# 60 Completely Unusable Stock Photos



## ehMax (Feb 17, 2000)

Found this link posted on the net:

*60 Completely Unusable Stock Photos*

:lmao: :lmao: :lmao:

Some real gems in there, some shocking to make you scratch your head... "Why the heck would anyone take that photo for any purpose in the world?" :lmao:


----------



## screature (May 14, 2007)

I can't see any of these being paid for to use for anything... truly awful stuff.


----------



## Kazak (Jan 19, 2004)

I wish I were up to the challenge of using each of these . . . but I'm not.
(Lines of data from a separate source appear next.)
-- ===== src/Dispatch.antt =====
-- pkg/router/dispatch.go: dispatching a request with failover from worker to worker, and the response
-- to its errors. The hub, the counter and the tracker of the server are there. What they are told is a
-- list of effects. What one turn of the loop finds of the rest of the server is an `Attempt`.
pub mod Turn
pub mod Failover
pub mod Outcomes
pub mod Response
pub mod Routed
mod Examples
use infermesh.Prelude.{
  ℕ, suc, zero, String, Bool, true, false, ◌&&◌, ◌||◌, Option, none, some, List, [], ◌∷◌, ◌++◌, leb,
  ◌==◌, if◌then◌else◌,
}

-- The errors that the code tells apart. `http_error` is a `WorkerHTTPError`.
pub data Sentinel : Type 0 where
  err_no_matching_workers err_all_workers_unavailable canceled deadline_exceeded err_timeout
        err_conn_closed err_relay_disconnected err_rate_limited err_worker_inference_error
        err_all_attempts_failed :
      Sentinel
  http_error : ℕ → Sentinel
  other : String → Sentinel

-- An error is what it wraps, in the order in which `errors.Is` meets it.
abbrev pub Err : Type 0
Err = List Sentinel

-- Which of the sentinels it is; the other errors are no target of `errors.Is` here.
abbrev pub code : Sentinel → ℕ
code err_no_matching_workers = 1
code err_all_workers_unavailable = 2
code canceled = 3
code deadline_exceeded = 4
code err_timeout = 5
code err_conn_closed = 6
code err_relay_disconnected = 7
code err_rate_limited = 8
code err_worker_inference_error = 9
code err_all_attempts_failed = 10
code (http_error s) = 11
code (other s) = 12

-- `errors.Is`
abbrev pub is : Sentinel → Err → Bool
is target [] = false
is target (e ∷ es) = (code e == code target) || is target es

-- `errors.As` with a `WorkerHTTPError`: its status.
abbrev pub as_http : Err → Option ℕ
as_http [] = none
as_http (http_error s ∷ es) = some s
as_http (_ ∷ es) = as_http es

retryable_status : Option ℕ → Bool
retryable_status none = false
retryable_status (some s) = if leb 500 s then true else if s == 429 then true else false

unfoldable pub is_retryable_error : Err → Bool
unfolding retryable_status
is_retryable_error e =
    if is canceled e
    then false
    else if is err_no_matching_workers e || is err_all_workers_unavailable e
    then false
    else if is err_timeout e
    then true
    else if is err_conn_closed e
    then true
    else if is err_relay_disconnected e
    then true
    else if is err_rate_limited e
    then true
    else if is err_worker_inference_error e
    then true
    else if is deadline_exceeded e
    then true
    else retryable_status (as_http e)

pub data Result {ℓ} (A : Type ℓ) : Type ℓ where
  ok : A → Result A
  err : Err → Result A

-- What the counter, the hub and the tracker are told.
pub data Effect : Type 0 where
  records : String → Effect
  rejects : String → ℕ → Effect
  begins : String → Effect
  finishes : String → Bool → Effect

-- What a turn of the loop finds: the error of the context, the choice of `selectWorkerExcluding`,
-- the answer of `isRateLimited`, and what the worker's client returns.
pub record Attempt (Body : Type 0) : Type 0 where
  pub ctx_err : Option Err
  pub select_excluding : List String → Result String
  pub is_rate_limited : String → Bool
  pub complete : String → Result Body

pub exhausted : Option Err → Err
exhausted none = err_all_attempts_failed ∷ other "no worker available for model" ∷ []
exhausted (some e) = err_all_attempts_failed ∷ e

-- `counter.Record`, once for a request.
abbrev pub record_once : Bool → String → List Effect
record_once true model = []
record_once false model = records model ∷ []

module _ {Body : Type 0} where
  abbrev pub after : List Effect → Result Body × List Effect → Result Body × List Effect
  after es (r, fs) = (r, es ++ fs)

  -- The turns that are left, the first of them the turn `k`.
  pub failover_loop :
      (ℕ → Attempt Body)
      → String
      → ℕ
      → ℕ
      → List String
      → Option Err
      → Bool
      → Result Body × List Effect
  unfolding exhausted is_retryable_error
  failover_loop attempts model zero k excluded last recorded = (err (exhausted last), [])
  failover_loop attempts model (suc n) k excluded last recorded = elim (attempts k).ctx_err [
    | some e ↦ (err (err_all_attempts_failed ∷ e), [])
    | none ↦ elim ((attempts k).select_excluding excluded) [
      | err e ↦ failover_loop attempts model n (suc k) excluded (some e) recorded
      | ok w ↦ after (record_once recorded model) (elim ((attempts k).is_rate_limited w) [
        | true ↦ after (rejects w 429 ∷ []) (
            failover_loop attempts model n (suc k) (w ∷ excluded) (some (err_rate_limited ∷ []))
              true)
        | false ↦ after (begins w ∷ []) (elim ((attempts k).complete w) [
          | ok body ↦ (ok body, finishes w true ∷ [])
          | err e ↦ after (finishes w false ∷ []) (elim (is_retryable_error e) [
            | true ↦ failover_loop attempts model n (suc k) (w ∷ excluded) (some e) true
            | false ↦ (err e, [])
          ])
        ])
      ])
    ]
  ]

  -- `max_attempts < 1` counts as 1.
  unfoldable pub dispatch_with_failover :
      (ℕ → Attempt Body) → String → ℕ → Result Body × List Effect
  unfolding failover_loop
  dispatch_with_failover attempts model max_attempts =
      failover_loop attempts model (if max_attempts == 0 then 1 else max_attempts) 0 [] none false

pub record ErrorResponse : Type 0 where
  pub status : ℕ
  pub error_code : String

pass_http : Option ℕ → ErrorResponse → ErrorResponse
pass_http none rest = rest
pass_http (some s) rest = record { status = s; error_code = "worker_error" }

-- The status and the code of the response; `none` is a nil error.
unfoldable pub write_failover_error : Option Err → ErrorResponse
unfolding pass_http
write_failover_error none = record { status = 500; error_code = "internal_error" }
write_failover_error (some e) =
    if is err_all_attempts_failed e
    then record { status = 503; error_code = "all_attempts_failed" }
    else if is deadline_exceeded e
    then record { status = 504; error_code = "timeout_error" }
    else pass_http (as_http e) (
        if is err_timeout e
        then record { status = 504; error_code = "timeout_error" }
        else if is err_conn_closed e || is err_relay_disconnected e
        then record { status = 503; error_code = "connection_error" }
        else record { status = 503; error_code = "no_workers" })
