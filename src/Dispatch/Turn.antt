-- ===== src/Dispatch/Turn.antt =====
-- One turn of the loop of `dispatchWithFailover` in pkg/router/dispatch.go.
use infermesh.Prelude.{
  ℕ, suc, ◌≡◌, refl, ◌⊎◌, inl, inr, String, Bool, true, false, Option, some, List, [], ◌∷◌, ◌++◌,
  Bool-cases, Option-cases,
}
use infermesh.Dispatch.{
  Err, err_rate_limited, err_all_attempts_failed, is_retryable_error, Result, ok, err, Effect,
  records, rejects, begins, finishes, Attempt, failover_loop, record_once, after,
}

-- The workers that were sent the request, in order.
abbrev pub began : List Effect → List String
began [] = []
began (records m ∷ es) = began es
began (rejects w s ∷ es) = began es
began (begins w ∷ es) = w ∷ began es
began (finishes w b ∷ es) = began es

pub began-append : (es fs : List Effect) → began (es ++ fs) ≡ began es ++ began fs
began-append [] fs = refl
began-append (records m ∷ es) fs = began-append es fs
began-append (rejects w s ∷ es) fs = began-append es fs
began-append (begins w ∷ es) fs = rw (began-append es fs) refl
began-append (finishes w b ∷ es) fs = began-append es fs

pub began-record_once :
    (b : Bool) (m : String) (fs : List Effect) → began (record_once b m ++ fs) ≡ began fs
began-record_once true m fs = refl
began-record_once false m fs = refl

Result-cases : {A : Type 0} (r : Result A) → ((a : A) × (r ≡ ok a)) ⊎ ((e : Err) × (r ≡ err e))
Result-cases (ok a) = inl (a, refl)
Result-cases (err e) = inr (e, refl)

module _ {Body : Type 0} where
  -- How a turn ends: in a result, from the turns `next` that are left.
  pub data Turn (a : Attempt Body) (model : String) (excluded : List String) (recorded : Bool)
      (next : List String → Option Err → Bool → Result Body × List Effect)
      : Result Body × List Effect → Type 0 where
    expires :
        (e : Err) → Turn a model excluded recorded next (err (err_all_attempts_failed ∷ e), [])
    no_worker : (e : Err) → Turn a model excluded recorded next (next excluded (some e) recorded)
    skips :
        (w : String)
        → a.select_excluding excluded ≡ ok w
        → Turn a model excluded recorded next (
            after (record_once recorded model) (
              after (rejects w 429 ∷ []) (next (w ∷ excluded) (some (err_rate_limited ∷ [])) true)))
    answers :
        (w : String) (body : Body)
        → a.select_excluding excluded ≡ ok w
        → a.is_rate_limited w ≡ false
        → a.complete w ≡ ok body
        → Turn a model excluded recorded next (
            after
              (record_once recorded model)
              (after (begins w ∷ []) (ok body, finishes w true ∷ [])))
    retries :
        (w : String) (e : Err)
        → a.select_excluding excluded ≡ ok w
        → a.is_rate_limited w ≡ false
        → a.complete w ≡ err e
        → is_retryable_error e ≡ true
        → Turn a model excluded recorded next (
            after (record_once recorded model) (
              after
                (begins w ∷ [])
                (after (finishes w false ∷ []) (next (w ∷ excluded) (some e) true))))
    fails_fast :
        (w : String) (e : Err)
        → a.select_excluding excluded ≡ ok w
        → a.is_rate_limited w ≡ false
        → a.complete w ≡ err e
        → is_retryable_error e ≡ false
        → Turn a model excluded recorded next (
            after
              (record_once recorded model)
              (after (begins w ∷ []) (after (finishes w false ∷ []) (err e, []))))

  pub turn :
      (attempts : ℕ → Attempt Body) (model : String) (n k : ℕ) (excluded : List String)
      (last : Option Err) (recorded : Bool)
      → Turn
          (attempts k)
          model
          excluded
          recorded
          (failover_loop attempts model n (suc k))
          (failover_loop attempts model (suc n) k excluded last recorded)
  unfolding failover_loop
  turn attempts model n k excluded last recorded = elim (Option-cases (attempts k).ctx_err) [
    | inr (e, i) ↦ rw (i, failover_loop) (expires e)
    | inl i ↦ elim (Result-cases ((attempts k).select_excluding excluded)) [
      | inr (e, s) ↦ rw (i, failover_loop, s) (no_worker e)
      | inl (w, s) ↦ elim (Bool-cases ((attempts k).is_rate_limited w)) [
        | inl l ↦ rw (i, failover_loop, s, l) (skips w s)
        | inr l ↦ elim (Result-cases ((attempts k).complete w)) [
          | inl (body, c) ↦ rw (i, failover_loop, s, l, c) (answers w body s l c)
          | inr (e, c) ↦ elim (Bool-cases (is_retryable_error e)) [
            | inl r ↦ rw (i, failover_loop, s, l, c, r) (retries w e s l c r)
            | inr r ↦ rw (i, failover_loop, s, l, c, r) (fails_fast w e s l c r)
          ]
        ]
      ]
    ]
  ]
#27, though, does show ehMac's own KC4 being blessed by Our Lady of the Rainbow Goggles.


----------



## SoyMac (Apr 16, 2005)

All the more baffling due to the high production values.


----------



## ehMax (Feb 17, 2000)

I'm taking it as a personal challenge to use all 60 photos in context on ehMac.ca over the next while. 

*I can scratch #13 off my list.*


----------



## screature (May 14, 2007)

ehMax said:


> I'm taking it as a personal challenge to use all 60 photos in context on ehMac.ca over the next while.
> 
> *I can scratch #13 off my list.*


Good luck with that... 

Actually it could be fun to make that "challenge" a new thread for others to contribute to as well.


----------